*TASK STATEMENT*
Tally the lines of the records that contain the string "free", then give the total and nothing more.
[Opening DATASET EXTRACT section]
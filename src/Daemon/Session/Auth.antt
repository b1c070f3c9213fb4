-- ===== src/Daemon/Session/Auth.antt =====
-- internal/daemon/protocol.go: no command runs without the session's secret.
use joyrun.Base.{
  eq_iff, ◌≤◌, ◌≡◌, refl, Bool, true, false, Option, none, some, [], ◌⊎◌, inl, inr, length, arith,
  Bool-cases,
}
use joyrun.Base.Text.{Text}
use joyrun.Daemon.Frames.{write_frame}
use joyrun.Daemon.Session.{
  Request, Server, Codec, Handler, Served, is_authentic, serve_request, serve, read_value,
  after_hello, greeted, heard, hello_ok,
}

module _ (json : Codec) (server : Server) where
  -- Nothing ran and the daemon goes on.
  abbrev pub IsIdle : Served → Type 0
  IsIdle s = (s.handled ≡ []) × (s.stopped ≡ false)

  -- The connection began with a hello that knows the secret.
  abbrev pub IsGreeted : Text → Type 0
  IsGreeted input =
      (hello : Request) × (rest : Text) × (read_value json json.to_request input
        ≡ some (hello, rest))
      × (hello.kind ≡ "hello")
      × (hello.protocol ≡ 1)
      × (hello.secret ≡ server.secret)

  authentic-inv :
      (hello : Request)
      → is_authentic json server hello ≡ true
      → (hello.kind ≡ "hello") × (hello.protocol ≡ 1) × (hello.secret ≡ server.secret)
  authentic-inv hello known =
      ground (arith, eq_iff hello.kind "hello", eq_iff hello.secret server.secret)

  serve_request-one :
      (handler : Option Handler) (req : Request)
      → length (serve_request json server handler req).handled ≤ 1
  unfolding serve_request
  serve_request-one none req = ground arith
  serve_request-one (some handler) req = ground arith

  after_hello-one :
      (handler : Option Handler) (greeting : Text) (r : Option (Request × Text))
      → length (after_hello json server handler greeting r).handled ≤ 1
  after_hello-one handler greeting none = omega arith
  after_hello-one handler greeting (some (req, rest)) = serve_request-one handler req

  greeted-one :
      (handler : Option Handler) (rest : Text) (frame : Option Text)
      → length (greeted json server handler rest frame).handled ≤ 1
  greeted-one handler rest none = omega arith
  greeted-one handler rest (some greeting) =
      after_hello-one handler greeting (read_value json json.to_request rest)

  heard-authentic :
      (handler : Option Handler) (r : Option (Request × Text))
      → let s = heard json server handler r in
        (IsIdle s
          ⊎ ((hello : Request) × (rest : Text) × (r ≡ some (hello, rest))
              × (hello.kind ≡ "hello")
              × (hello.protocol ≡ 1)
              × (hello.secret ≡ server.secret)))
        × (length s.handled ≤ 1)
  heard-authentic handler none = (inl (refl, refl), omega arith)
  heard-authentic handler (some (hello, rest)) =
      elim (Bool-cases (is_authentic json server hello)) [
        | inr stranger ↦ rw stranger (inl (refl, refl), omega arith)
        | inl known ↦ (
          (let (kind, protocol, secret) = authentic-inv hello known in
              inr (hello, rest, refl, kind, protocol, secret)),
          rw known (greeted-one handler rest (write_frame (json.hello (hello_ok json server)))),
        )
      ]

  -- Whatever a client sends, the connection runs no command and does not stop the daemon, unless its
  -- first frame is a hello of this protocol with the session's secret; and it runs one command at
  -- most.
  pub serve-authentic :
      (free : Bool) (handler : Option Handler) (input : Text)
      → let s = serve json server free handler input in
        (IsIdle s ⊎ IsGreeted input) × (length s.handled ≤ 1)
  unfolding serve
  serve-authentic false handler input = (inl (refl, refl), omega arith)
  serve-authentic true handler input =
      heard-authentic handler (read_value json json.to_request input)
[Closing DATASET EXTRACT section]
*EXERCISE ANSWER*
2